King James Bible
There is an old manual typewriter, an aviator’s helmet, and a well-worn buffalo coat that was never buttoned up even in the biting cold of a prairie winter. There are seldom-worn priestly vestments and an ashtray, heavily stained from countless cigarettes. Father Athol Murray’s personal effects only begin to reveal the man whose life and passions are portrayed in the museum at Athol Murray College of Notre Dame.
Most of us equate Notre Dame with hockey, with NHL greats like Vincent Lecavalier, Curtis Joseph and Wendel Clark who played for the Hounds. But Notre Dame has a lesser known claim to fame as an awe-inspiring repository of rare books. I visited the museum with my son Kendall, a student of Classics, Medieval and Renaissance studies, eager to explore the collection.
Our guide is Gerry Scheibel, lifelong resident of Wilcox and a teacher of 35 years. I ask him what it might have been like to meet Father Murray.
“He would sit you down, maybe with a glass of Scotch … he would do all the talking … You would come away with a very lasting impression … I often refer to him as an ordinary person doing extraordinary things.”
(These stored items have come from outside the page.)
-- ===== src/Broker/Reach.antt =====
-- server/broker.cpp: the broker as a sequence of turns: a message it takes from a client or a link, a
-- sweep, a link that the command line adds or removes, a link whose remote asks for no more traffic or for the interest again,
-- discovery enabled or started, a datagram it hears, and an expiry of its peers.
use wisp.Prelude.{
  ◌≡◌, ◌⊎◌, refl, sym, subst, true, false, Option, none, some, List, [], ◌∷◌, Bytes, ℕ, ◌&&◌, codes,
  bytes_eq,
}
use wisp.Prelude.Map.{lookup}
use wisp.Keys.{wildcard_topic}
use wisp.Registry.{has_mesh_subscriber}
use wisp.Interest.{PeerLink, add_peer, remove_peer, is_propagatable_topic}
use wisp.Interest.Asked.{asked}
use wisp.Interest.Coverage.{
  star-plain, add_peer-IsCovering, remove_peer-IsCovering, add_peer-demand, remove_peer-demand,
}
use wisp.Interest.Wanted.{Reflects, wanted-asked, asked-iff_wanted}
use wisp.Wire.{Envelope}
use wisp.Interest.Follows.{Follows}
use wisp.Broker.State.{Broker, Outside, start}
use wisp.Broker.Intake.{take_client_message, take_peer_message, deactivate, ask_again}
use wisp.Broker.Dialing.{enable_discovery, start_discovery, hear, expire}
use wisp.Broker.Invariant.Dialing.{
  enable_discovery-IsValid, start_discovery-IsValid, hear-IsValid, expire-IsValid,
}
use wisp.Broker.Upkeep.{sweep}
use wisp.Broker.Invariant.{IsValid, start-IsValid}
use wisp.Broker.Invariant.Process.{IsHandled, process_message-IsHandled}
use wisp.Broker.Invariant.Intake.{
  deactivate-control, ask_again-Follows, take_client_message-IsHandled,
}
use wisp.Broker.Invariant.Sweep.{sweep-IsValid}

pub data Turn : Type 0 where
  from_client : Bytes → Bytes → Bytes → Bytes → ℕ → Turn
  from_peer : Envelope → Bytes → ℕ → Turn
  cleanup : ℕ → Turn
  link : Bytes → Bytes → Bytes → Turn
  unlink : Bytes → Turn
  told_to_unlink : Bytes → Turn
  told_to_reset : Bytes → Turn
  enabled : Bytes → Turn
  started : List Bytes → ℕ → Turn
  beacon : Bytes → Bytes → ℕ → Turn
  expired : ℕ → Turn

unfoldable pub turn : Outside → Broker → Turn → Option Broker
unfolding deactivate
turn o b (from_client identity frame payload fresh_uuid now) =
    take_client_message o b identity frame payload fresh_uuid now
turn o b (from_peer envelope fresh_uuid now) = take_peer_message o b envelope fresh_uuid now
turn o b (cleanup now) = some (sweep b now)
turn o b (link key address link_id) =
    some (record b { links = add_peer b.links key address link_id })
turn o b (unlink key) = some (record b { links = (remove_peer b.links b.broker_id key).0 })
turn o b (told_to_unlink key) =
    some (record b { links = record b.links { peers = deactivate key b.links.peers } })
turn o b (told_to_reset key) =
    some
      (record b { links = record b.links { peers = ask_again key b.links.demand b.links.peers } })
turn o b (enabled cluster) = some (enable_discovery b cluster)
turn o b (started addresses tap_port) = some (start_discovery b addresses tap_port)
turn o b (beacon sender_ip datagram now) = some (hear b sender_ip datagram now)
turn o b (expired now) = some (expire b now)

unfoldable pub turns : Outside → List Turn → Broker → Option Broker
unfolding turn
turns o [] b = some b
turns o (t ∷ ts) b = elim (turn o b t) [ none ↦ none | some b' ↦ turns o ts b' ]

turn-IsHandled : (o : Outside) (b : Broker) (t : Turn) → IsValid b → IsHandled (turn o b t)
unfolding turn take_peer_message
turn-IsHandled o b (from_client identity frame payload fresh_uuid now) v =
    take_client_message-IsHandled o b identity frame payload fresh_uuid now v
turn-IsHandled o b (from_peer envelope fresh_uuid now) v =
    process_message-IsHandled o b envelope.header envelope.payload (codes "PEER") true fresh_uuid
      now v
turn-IsHandled o b (told_to_unlink key) v = (
  record b { links = record b.links { peers = deactivate key b.links.peers } },
  refl,
  record {
    consistent = v.consistent;
    covering = record {
      follow = λ k peer h.
          let (old, p, q) = deactivate-control key b.links.peers k peer h in
          subst (Follows b.links.demand) q (v.covering.follow k old p);
      plain = v.covering.plain;
    };
    reflects = record { wild = v.reflects.wild; exact = v.reflects.exact };
    recent = v.recent;
    tracked = v.tracked;
  },
)
turn-IsHandled o b (cleanup now) v = (sweep b now, refl, sweep-IsValid b now v)
turn-IsHandled o b (link key address link_id) v = (
  record b { links = add_peer b.links key address link_id },
  refl,
  record {
    consistent = v.consistent;
    covering = add_peer-IsCovering b.links key address link_id v.covering;
    reflects =
        subst (λ x. Reflects x (has_mesh_subscriber b.subscriptions))
          (sym (add_peer-demand b.links key address link_id)) v.reflects;
    recent = v.recent;
    tracked = v.tracked;
  },
)
turn-IsHandled o b (unlink key) v = (
  record b { links = (remove_peer b.links b.broker_id key).0 },
  refl,
  record {
    consistent = v.consistent;
    covering = remove_peer-IsCovering b.links b.broker_id key v.covering;
    reflects =
        subst (λ x. Reflects x (has_mesh_subscriber b.subscriptions))
          (sym (remove_peer-demand b.links b.broker_id key)) v.reflects;
    recent = v.recent;
    tracked = v.tracked;
  },
)
turn-IsHandled o b (told_to_reset key) v = (
  record b { links = record b.links { peers = ask_again key b.links.demand b.links.peers } },
  refl,
  record {
    consistent = v.consistent;
    covering = record {
      follow =
          ask_again-Follows key b.links.demand b.links.peers (star-plain b.links v.covering)
            v.covering.follow;
      plain = v.covering.plain;
    };
    reflects = record { wild = v.reflects.wild; exact = v.reflects.exact };
    recent = v.recent;
    tracked = v.tracked;
  },
)
turn-IsHandled o b (enabled cluster) v = (_, refl, enable_discovery-IsValid b cluster v)
turn-IsHandled o b (started addresses tap_port) v =
    (_, refl, start_discovery-IsValid b addresses tap_port v)
turn-IsHandled o b (beacon sender_ip datagram now) v =
    (_, refl, hear-IsValid b sender_ip datagram now v)
turn-IsHandled o b (expired now) v = (_, refl, expire-IsValid b now v)

turns-IsHandled : (o : Outside) (ts : List Turn) (b : Broker) → IsValid b → IsHandled (turns o ts b)
unfolding turns
turns-IsHandled o [] b v = (b, refl, v)
turns-IsHandled o (t ∷ ts) b v =
    let (b', e, v') = turn-IsHandled o b t v in
    let (b'', e', v'') = turns-IsHandled o ts b' v' in (b'', rw (e, turns) e', v'')

-- Every link was asked, as its control messages stand, for exactly the topics that may cross it
-- and that some client takes from the mesh, unless the interest is saturated or some client takes
-- everything from the mesh.
abbrev pub AsksForWhatIsWanted : Broker → Type 0
AsksForWhatIsWanted b =
    (key : Bytes) (peer : PeerLink) (t : Bytes)
    → lookup key b.links.peers ≡ some peer
    → b.links.saturated ≡ false
    → has_mesh_subscriber b.subscriptions wildcard_topic ≡ false
    → asked peer.control t ≡ (is_propagatable_topic t && has_mesh_subscriber b.subscriptions t)

-- Every link was asked for each topic that some client takes from the mesh, by name or for
-- everything; the reserved topics do not cross links.
abbrev pub HearsWhatIsWanted : Broker → Type 0
HearsWhatIsWanted b =
    (key : Bytes) (peer : PeerLink) (t : Bytes)
    → lookup key b.links.peers ≡ some peer
    → has_mesh_subscriber b.subscriptions t ≡ true
    → (is_propagatable_topic t ≡ true) ⊎ (t ≡ wildcard_topic)
    → (asked peer.control t ≡ true) ⊎ (asked peer.control wildcard_topic ≡ true)

-- A broker that has just started gets through any turns, each run to its end before the next, to a
-- valid state. In it every link was asked, as its control messages stand, for each topic that may
-- cross it, or the wildcard, that some client takes from the mesh, by name or for everything; and
-- for nothing else, unless the interest is saturated or some client takes everything from the
-- mesh.
pub turns-start :
    (o : Outside) (broker_id : Bytes) (client_timeout : ℕ) (ts : List Turn)
    → (b : Broker) × (turns o ts (start broker_id client_timeout) ≡ some b)
      × IsValid b
      × HearsWhatIsWanted b
      × AsksForWhatIsWanted b
turns-start o broker_id client_timeout ts =
    let (b, e, v) =
      turns-IsHandled o ts (start broker_id client_timeout)
        (start-IsValid broker_id client_timeout) in
    (
      b,
      e,
      v,
      λ key peer t h wants may.
          wanted-asked b.links (has_mesh_subscriber b.subscriptions) key peer t v.covering
            v.reflects h wants may,
      λ key peer t h open_ quiet.
          asked-iff_wanted b.links (has_mesh_subscriber b.subscriptions) key peer t v.covering
            v.reflects h open_ quiet,
    )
Athol Murray was born into an influential Toronto family in 1892. He was only four years old when his mother died. Murray’s father saw to it that his son received a quality education: Loyola College in Montreal, St. Michael’s in Toronto, and St. Hyacinthe College in Quebec. As a young Jesuit-educated man, Murray had fallen in love with the classics.
But Murray was undecided about his future. Dissatisfied with a job as a newspaperman, he entered law school but that did not appeal to him either. A chance encounter with the writing of St. Augustine led him to St. Augustine Seminary and the priesthood of the Roman Catholic Church. However, Murray managed to ruffle a few feathers in his first rather conservative Ontario parishes. By the early 1920s, the bilingual Murray found himself in Regina working with Archbishop Mathieu.
When mischievous youngsters were caught breaking into a local church, the sympathetic Murray offered to take the boys under his wing if charges were dropped. He organized a sports club and soon had them playing hockey and baseball. The club proved to be a life-changer for Father Murray and for the boys.
An opportunity at St. Augustine parish in Wilcox led Father Murray to open a school where he would teach self-discipline, encourage spiritual growth and inspire a love of learning and sports. The school, founded in 1927, drew some of his boys from Regina and from the local community.
Scheibel ushers us into the secure room that houses the manuscripts and rare books we have come to see. That this collection should be found in Wilcox is a bit of a miracle. Chalk it up to Murray’s classical education and his passion.